# Quickfinder



## wino1 (Mar 12, 1999)

Could someone please enlighten me on what these files(programs?) are:
Quickfinder Scheduler and Quickfinder Information File ~QF06D4F.IDX and 
~QF06D4F.INC.
Can anyone tell me what program(s) they are associated with and do I need them? 
Some time ago I had created a virtual "D" drive to segregate new programs that I downloaded from the NET. Somehow these two files are on the "D" drive . How the heck could they have gotten there as I have not deliberately placed them there?
Futhermore, if I do need them I would prefer to move them to my "C" drive.


----------



## Anne Troy (Feb 14, 1999)

Go to Add/Remove programs in the control panel. Is quickfinder there? I'd uninstall it. It sounds like another useless program. If it's not there, I wouldn't hesitate to get rid of the files myself.

On second thought, does anyone know if it's part of Quicken? If you don't run quicken, dump 'em!

[This message has been edited by Dreamboat (edited 02-18-2000).]


----------



## leem (Feb 1, 1999)

Not sure if memory serves me right but I think it is a part of the Corel Word Pefect suite. No longer on my system so I am not sure. I recall the IDX file as being quite large and I safely deleted it.

[This message has been edited by leem (edited 02-19-2000).]


----------



## wino1 (Mar 12, 1999)

Yes I have Corel suite 7 and a short version of Quicken which I never use. Under Add/Remove there is no Quickfinder listed. Under Add/remove Corel it is also not listed - there are many corel programs listed but not that.
PLEASE NOTE: When I hit "Ctrl-alt-del" Quickfinder Scheduler is listed right at the top! - above Explorer and Systray.

Any further suggestions appreciated


----------



## LarryCore (Aug 26, 1999)

It is part of the Corel Suite.

It indexes files, and will create the indexes on any drive letters you make.
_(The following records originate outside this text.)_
-- ===== src/Slave/Response/Dots.antt =====
-- The comparisons of an answer: between names with a trailing dot they do not panic.
use xfx1_dns.Db.Wildcard.{Above, wildcard_lookup_sound, cut, further}
use xfx1_dns.Dns.Response.{rcode_no_error, rcode_nx_domain}
use xfx1_dns.Prelude.{
  ℕ, ◌≡◌, refl, sym, inl, inr, Bool, true, false, ◌&&◌, ◌||◌, not, Option, none, some, List, [],
  ◌∷◌, ◌==◌, if◌then◌else◌, length, any, All, All-append, All-if, All-option, Bool-cases,
}
use xfx1_dns.Db.{
  Db, new_db, lookup_by_type, compare_owners, lookup_by_name, name_exists, wildcard_of,
  wildcard_lookup, additional_target, fresh_target,
}
use xfx1_dns.Db.Dots.{
  Dotted, KeepsDot, Named, DottedOption, Targeted, Targeted-rename, compare_owners-Returns,
}
use xfx1_dns.Db.Index.{AllValues, lookup_all, All-lookup_all, AllValues-index_onto}
use xfx1_dns.Slave.Response.{
  Lookup, synthesise_answers, is_cname, empty_answer, positive, expand_wildcard, wildcard_answer,
  lookup_absent, lookup_rrset, EncloserProof, Chain, proof_records, append_dnssec,
}
use xfx1_dns.Db.{Call}
use xfx1_dns.Slave.Response.Calls.{
  chain_calls, run_calls, additional_calls, owner_calls, denial_calls, chain_proof, dnssec_calls,
  negative_calls, rrset_calls, answer_calls,
}
use xfx1_dns.Slave.Response.Known.{Holds, Holds-new_db, lookup_rrset-Both}
use xfx1_dns.Slave.Response.Records.{ProofHolds, ChainHolds, proof_records-All}
use xfx1_dns.Rec.Domain.{Unicode, Domain, ends_dot}
use xfx1_dns.Rec.Types.{RRtype, type_eq}
use xfx1_dns.Rec.Rr.{Rr}
use xfx1_dns.Prelude.Result.{Returns, Returns-ok, Returns-bind}
use xfx1_dns.Prelude.Bytes.{Bytes, bytes_eq}
use mathlib.Core.Path.{subst}

-- What stands behind a dot of a name is empty or ends in a dot as well.
wildcard_of-Dotted : (s q : Bytes) → Above s q → Dotted s → Dotted (wildcard_of q)
unfolding ends_dot
wildcard_of-Dotted _ [] cut h = refl
wildcard_of-Dotted _ (d ∷ r) cut h = h
wildcard_of-Dotted _ q (further {s = []} a) h = absurd (nothing_above q a)
  where
    nothing_above : (q : Bytes) → ¬ (Above [] q)
    nothing_above q a = elim a [ ]
wildcard_of-Dotted _ q (further {s = d ∷ r} a) h = wildcard_of-Dotted (d ∷ r) q a h

abbrev pub DottedCall : Call → Type 0
DottedCall c = Dotted c.0

-- For a zone whose name ends in a dot the chain looks up names that do.
unfoldable pub LooksUpDots : Option Chain → Type 0
LooksUpDots none = Unit
LooksUpDots (some chain) =
    (name zone : Domain) → Dotted zone → All DottedCall (chain.lookups name zone)

module _ ⦃u : Unicode⦄ where
  -- The names of a database end in a dot: owners, targets, and the apex.
  pub record HasDots (db : Db) : Type 0 where
    pub owners : AllValues Named db.by_type
    pub targets : Holds Targeted Targeted-rename db
    pub apex : Dotted db.zone

  pub HasDots-new_db :
      (zone : Domain) (records : List Rr)
      → Dotted zone
      → All Named records
      → All Targeted records
      → HasDots (new_db zone records)
  unfolding new_db
  HasDots-new_db zone records z n t = record {
    owners = AllValues-index_onto type_eq Named (λ rr. rr.rrtype) records [] n tt;
    targets = Holds-new_db Targeted Targeted-rename zone records t;
    apex = z;
  }

module _ ⦃u : Unicode⦄ (law : KeepsDot u) where
  run_calls-Returns :
      (db : Db) (calls : List Call)
      → AllValues Named db.by_type
      → All DottedCall calls
      → Returns (run_calls db calls)
  unfolding run_calls
  run_calls-Returns db [] owners h = Returns-ok tt
  run_calls-Returns db ((name, t) ∷ calls) owners h =
      Returns-bind (compare_owners (lookup_all type_eq t db.by_type) name) _
        (compare_owners-Returns law _ name (All-lookup_all type_eq Named t db.by_type owners) h.0)
        λ _ _. run_calls-Returns db calls owners h.1

  fresh_target-Dotted :
      (seen : List Domain) (rr : Rr) (target : Domain)
      → Targeted rr
      → fresh_target seen rr ≡ some target
      → Dotted target
  unfolding fresh_target
  fresh_target-Dotted seen rr target h e = picked (additional_target rr.opts) h e
    where
      picked :
          (o : Option Domain)
          → DottedOption o
          → elim o [ none ↦ none | some d ↦ if any (bytes_eq d) seen then none else some d ]
            ≡ some target
          → Dotted target
      picked none k e = cc
      picked (some d) k e = elim (Bool-cases (any (bytes_eq d) seen)) [
        | inl met ↦ cc (rw met at e)
        | inr met ↦ let same : d ≡ target = cc (rw met at e) in subst Dotted same k
      ]

  additional_calls-Dotted :
      (rrs : List Rr) (seen : List Domain)
      → All Targeted rrs
      → All DottedCall (additional_calls rrs seen)
  unfolding additional_calls
  additional_calls-Dotted [] seen h = tt
  additional_calls-Dotted (rr ∷ rrs) seen h =
      All-option DottedCall (fresh_target seen rr) (additional_calls rrs seen) _
        (additional_calls-Dotted rrs seen h.1)
        λ target e.
          let ends = fresh_target-Dotted seen rr target h.0 e in
          (ends, (ends, additional_calls-Dotted rrs (target ∷ seen) h.1))

  owner_calls-Dotted : (rrs : List Rr) → All Named rrs → All DottedCall (owner_calls rrs)
  unfolding owner_calls
  owner_calls-Dotted [] h = tt
  owner_calls-Dotted (rr ∷ rrs) h = (h.0, owner_calls-Dotted rrs h.1)

  chain_calls-Dotted :
      (db : Db) (chain : Option Chain) (name : Domain)
      → LooksUpDots chain
      → Dotted db.zone
      → All DottedCall (chain_calls db chain name)
  unfolding LooksUpDots
  chain_calls-Dotted db none name h z = tt
  chain_calls-Dotted db (some chain) name h z = h name db.zone z

  denial_calls-Dotted :
      (db : Db) (chain : Option Chain) (name : Domain)
      → ChainHolds Named chain
      → All DottedCall (denial_calls (chain_proof db chain name))
  unfolding ChainHolds
  denial_calls-Dotted db none name h = tt
  denial_calls-Dotted db (some chain) name h =
      denied (chain.proof_of name db.zone db) (h name db.zone db)
    where
      denied :
          (o : Option EncloserProof)
          → ((p : EncloserProof) → o ≡ some p → ProofHolds Named p)
          → All DottedCall (denial_calls o)
      denied none k = tt
      denied (some p) k =
          owner_calls-Dotted (proof_records p) (proof_records-All Named p (k p refl))

  module _ (db : Db) (h : HasDots db) (name : Domain) (k : Dotted name) where
    abbrev Owned : Lookup → Type 0
    Owned l = Dotted l.effective_owner

    Owned-if : (b : Bool) (x y : Lookup) → Owned x → Owned y → Owned (if b then x else y)
    Owned-if true x y hx hy = hx
    Owned-if false x y hx hy = hy

    expand_wildcard-Owned :
        (t : RRtype) (owner : Domain) (rrs : List Rr)
        → Dotted owner
        → Owned (expand_wildcard db name t owner rrs)
    unfolding expand_wildcard
    expand_wildcard-Owned t owner [] o =
        let cnames = lookup_by_name db owner RRtype.cname in
        Owned-if (not (is_cname t) && not (length cnames == 0))
          (positive db owner RRtype.cname (synthesise_answers cnames name))
          (empty_answer rcode_no_error owner) o o
    expand_wildcard-Owned t owner (rr ∷ rrs) o = o

    wildcard_answer-Owned :
        (t : RRtype) (w : Option (Domain × List Rr))
        → wildcard_lookup db name db.zone t ≡ w
        → Owned (wildcard_answer db name t w)
    unfolding wildcard_answer
    wildcard_answer-Owned t none e = k
    wildcard_answer-Owned t (some w) e =
        let (parent, is_wildcard, above, _, _) =
          wildcard_lookup_sound db name db.zone t w.0 w.1 e in
        expand_wildcard-Owned t w.0 w.1
          (subst Dotted (sym is_wildcard) (wildcard_of-Dotted name parent above k))

    lookup_absent-Owned : (t : RRtype) → Owned (lookup_absent db name t)
    unfolding lookup_absent
    lookup_absent-Owned t =
        let w = wildcard_lookup db name db.zone t in
        Owned-if (name_exists db name) (empty_answer rcode_no_error name)
          (wildcard_answer db name t w) k (wildcard_answer-Owned t w refl)

    lookup_rrset-Owned : (t : RRtype) → Owned (lookup_rrset db name t)
    unfolding lookup_rrset
    lookup_rrset-Owned t =
        let answers = lookup_by_type db name t in
        let cnames = lookup_by_type db name RRtype.cname in
        let absent = lookup_absent db name t in
        let alias = not (is_cname t) && not (length cnames == 0) in
        Owned-if (not (length answers == 0)) (positive db name t answers)
          (if alias then positive db name RRtype.cname cnames else absent) k
          (Owned-if alias (positive db name RRtype.cname cnames) absent k (lookup_absent-Owned t))

    rrset_calls-Dotted : (t : RRtype) → All DottedCall (rrset_calls db name t)
    unfolding rrset_calls
    rrset_calls-Dotted t =
        let both = lookup_rrset-Both Targeted Targeted-rename db h.targets name t in
        let targets = additional_calls-Dotted (lookup_rrset db name t).answers [] both.0 in
        All-if DottedCall (length (lookup_by_type db name t) == 0 && not (is_cname t)) _ _
          (k, (k, targets)) (k, targets)

    dnssec_calls-Dotted :
        (chain : Option Chain) (owner : Domain) (rcode : ℕ) (answers : List Rr) (do_bit : Bool)
        → ChainHolds Named chain
        → LooksUpDots chain
        → Dotted owner
        → All DottedCall (dnssec_calls db chain name owner rcode answers do_bit)
    unfolding dnssec_calls
    dnssec_calls-Dotted chain owner rcode answers do_bit c l o =
        All-if DottedCall (not do_bit || not db.dnssec_enabled) _ _ tt (
          All-if DottedCall (rcode == rcode_no_error) _ _
            (All-if DottedCall (length answers == 0) _ _ tt (o, tt))
            (All-if DottedCall (rcode == rcode_nx_domain) _ _
              (All-append DottedCall (chain_calls db chain name) _
                (chain_calls-Dotted db chain name l h.apex) (denial_calls-Dotted db chain name c))
              tt))

    negative_calls-Dotted :
        (rcode : ℕ) (answers : List Rr) (do_bit : Bool)
        → All DottedCall (negative_calls db rcode answers do_bit)
    unfolding negative_calls
    negative_calls-Dotted rcode answers do_bit =
        let soa : Call = (db.zone, RRtype.soa) in
        let signed : List Call = soa ∷ (db.zone, RRtype.rrsig) ∷ [] in
        let nothing =
          not (rcode == rcode_nx_domain) && not (rcode == rcode_no_error && length answers == 0) in
        All-if DottedCall nothing [] (if do_bit && db.dnssec_enabled then signed else soa ∷ []) tt (
          All-if DottedCall (do_bit && db.dnssec_enabled) signed (soa ∷ []) (h.apex, (h.apex, tt))
            (h.apex, tt))

    -- No call of `LookupByType` for an answer panics.
    pub answer_calls-Returns :
        (chain : Option Chain) (t : RRtype) (qtype : ℕ) (do_bit : Bool)
        → ChainHolds Named chain
        → LooksUpDots chain
        → Returns (run_calls db (answer_calls db chain name t qtype do_bit))
    unfolding answer_calls
    answer_calls-Returns chain t qtype do_bit c l =
        let found = lookup_rrset db name t in
        let signed =
          append_dnssec db chain name found.effective_owner qtype found.rcode found.answers []
            do_bit in
        run_calls-Returns db (answer_calls db chain name t qtype do_bit) h.owners (
          All-append DottedCall (rrset_calls db name t) _ (rrset_calls-Dotted t) (
            All-append DottedCall
              (dnssec_calls db chain name found.effective_owner found.rcode found.answers do_bit) _
              (dnssec_calls-Dotted chain found.effective_owner found.rcode found.answers do_bit c l
                (lookup_rrset-Owned t))
              (negative_calls-Dotted found.rcode signed.answers do_bit)))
So, if you make an E drive, they will get them too.

If you don't want it running, you will need to turn it off in your Startup.

If you have Windows 98 just go to Start, Run, and type in MSCONFIG and go to the startup tab and UNcheck it.


----------



## wino1 (Mar 12, 1999)

I only use Corel for wordprocessing so can I delete these files?

I have W95 so please advise how to remove from the startup.

Thanks for your continuing help.


----------



## LarryCore (Aug 26, 1999)

Sure, you can delete them.

To remove it from startup go to Start, Settings, Taskbar. Choose the Start Menu tab, then choose Remove. Now work your way to your Startup Group and click on the plus sign next to it to open it up. You should see QuickFinder in there. Click on it once then choose Remove down below.


----------



## wino1 (Mar 12, 1999)

Things are getting STRANGER and STRANGER!
1. I found lots of"finder" programs, especially in Corel. I deleted as many as I could. 
2. There was one *qf* file - QF Scheduler that the screen said could not delete .."is being used by Windows"
3. Two days later, I tried the *qf* find agian and there are all kinds of "finder"files listed back under Corel. Meanwhile they are still in the Recycle bin!
What's going on ?


----------



## LarryCore (Aug 26, 1999)

The program will generate those files every time it runs. You need to stop it from running first, then delete them. Then no more will be created.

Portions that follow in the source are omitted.